Material to process
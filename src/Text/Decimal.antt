-- ===== src/Text/Decimal.antt =====
-- `ParseUint` reads back what `%d` writes.
use connector.Base.{
  ℕ, zero, suc, ◌+◌, ◌/◌, ◌<◌, ◌≡◌, refl, ◌∙◌, true, false, [], ◌∷◌, Bytes, arith, ltb, Bool-cases,
  inl, inr, some, All,
}
use connector.Text.{is_empty, is_digit, digits_from, format_uint, parse_from, parse_uint}

parse_from-digits_from :
    (f bound n : ℕ) (out : Bytes)
    → n < f
    → n < bound
    → parse_from bound 0 (digits_from f n out) ≡ parse_from bound n out
parse_from-digits_from zero bound n out h k = absurd (omega arith)
parse_from-digits_from (suc f) bound n out h k = elim (Bool-cases (ltb n 10)) [
  | inl small ↦ rw small (ground arith)
  | inr big ↦
      rw big
        (parse_from-digits_from f bound (n / 10) _ (ground arith) (ground arith) ∙ ground arith)
]

digits_from-full : (f n : ℕ) (out : Bytes) → n < f → is_empty (digits_from f n out) ≡ false
digits_from-full zero n out h = absurd (omega arith)
digits_from-full (suc f) n out h = elim (Bool-cases (ltb n 10)) [
  | inl small ↦ rw small refl
  | inr big ↦ rw big (digits_from-full f (n / 10) _ (ground arith))
]

parse_uint-parse_from :
    (bound : ℕ) (s : Bytes) → is_empty s ≡ false → parse_uint bound s ≡ parse_from bound 0 s
unfolding parse_uint
parse_uint-parse_from bound [] h = cc
parse_uint-parse_from bound (c ∷ cs) h = refl

pub parse_uint-format_uint : (bound n : ℕ) → n < bound → parse_uint bound (format_uint n) ≡ some n
unfolding format_uint
parse_uint-format_uint bound n h =
    parse_uint-parse_from bound (digits_from (n + 1) n [])
      (digits_from-full (n + 1) n [] (omega arith))
    ∙ parse_from-digits_from (n + 1) bound n [] (omega arith) h

-- Every byte of a number is a digit.
digits_from-All :
    (f n : ℕ) (out : Bytes)
    → All (λ c. is_digit c ≡ true) out
    → All (λ c. is_digit c ≡ true) (digits_from f n out)
digits_from-All zero n out h = h
digits_from-All (suc f) n out h = elim (Bool-cases (ltb n 10)) [
  | inl small ↦ rw small (ground arith, h)
  | inr big ↦ rw big (digits_from-All f (n / 10) _ (ground arith, h))
]

pub format_uint-All : (n : ℕ) → All (λ c. is_digit c ≡ true) (format_uint n)
unfolding format_uint
format_uint-All n = digits_from-All (n + 1) n [] tt

pub format_uint_full : (n : ℕ) → is_empty (format_uint n) ≡ false
unfolding format_uint
format_uint_full n = digits_from-full (n + 1) n [] (omega arith)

Work request
For each line shown above, write an exact copy.

Exercise response
filename src/Text/Decimal.antt
-- ===== src/Text/Decimal.antt =====
-- `ParseUint` reads back what `%d` writes.
use connector.Base.{
  ℕ, zero, suc, ◌+◌, ◌/◌, ◌<◌, ◌≡◌, refl, ◌∙◌, true, false, [], ◌∷◌, Bytes, arith, ltb, Bool-cases,
  inl, inr, some, All,
}
use connector.Text.{is_empty, is_digit, digits_from, format_uint, parse_from, parse_uint}

parse_from-digits_from :
    (f bound n : ℕ) (out : Bytes)
    → n < f
    → n < bound
    → parse_from bound 0 (digits_from f n out) ≡ parse_from bound n out
parse_from-digits_from zero bound n out h k = absurd (omega arith)
parse_from-digits_from (suc f) bound n out h k = elim (Bool-cases (ltb n 10)) [
  | inl small ↦ rw small (ground arith)
  | inr big ↦
      rw big
        (parse_from-digits_from f bound (n / 10) _ (ground arith) (ground arith) ∙ ground arith)
]

digits_from-full : (f n : ℕ) (out : Bytes) → n < f → is_empty (digits_from f n out) ≡ false
digits_from-full zero n out h = absurd (omega arith)
digits_from-full (suc f) n out h = elim (Bool-cases (ltb n 10)) [
  | inl small ↦ rw small refl
  | inr big ↦ rw big (digits_from-full f (n / 10) _ (ground arith))
]

parse_uint-parse_from :
    (bound : ℕ) (s : Bytes) → is_empty s ≡ false → parse_uint bound s ≡ parse_from bound 0 s
unfolding parse_uint
parse_uint-parse_from bound [] h = cc
parse_uint-parse_from bound (c ∷ cs) h = refl

pub parse_uint-format_uint : (bound n : ℕ) → n < bound → parse_uint bound (format_uint n) ≡ some n
unfolding format_uint
parse_uint-format_uint bound n h =
    parse_uint-parse_from bound (digits_from (n + 1) n [])
      (digits_from-full (n + 1) n [] (omega arith))
    ∙ parse_from-digits_from (n + 1) bound n [] (omega arith) h

-- Every byte of a number is a digit.
digits_from-All :
    (f n : ℕ) (out : Bytes)
    → All (λ c. is_digit c ≡ true) out
    → All (λ c. is_digit c ≡ true) (digits_from f n out)
digits_from-All zero n out h = h
digits_from-All (suc f) n out h = elim (Bool-cases (ltb n 10)) [
  | inl small ↦ rw small (ground arith, h)
  | inr big ↦ rw big (digits_from-All f (n / 10) _ (ground arith, h))
]

pub format_uint-All : (n : ℕ) → All (λ c. is_digit c ≡ true) (format_uint n)
unfolding format_uint
format_uint-All n = digits_from-All (n + 1) n [] tt

pub format_uint_full : (n : ℕ) → is_empty (format_uint n) ≡ false
unfolding format_uint
format_uint_full n = digits_from-full (n + 1) n [] (omega arith)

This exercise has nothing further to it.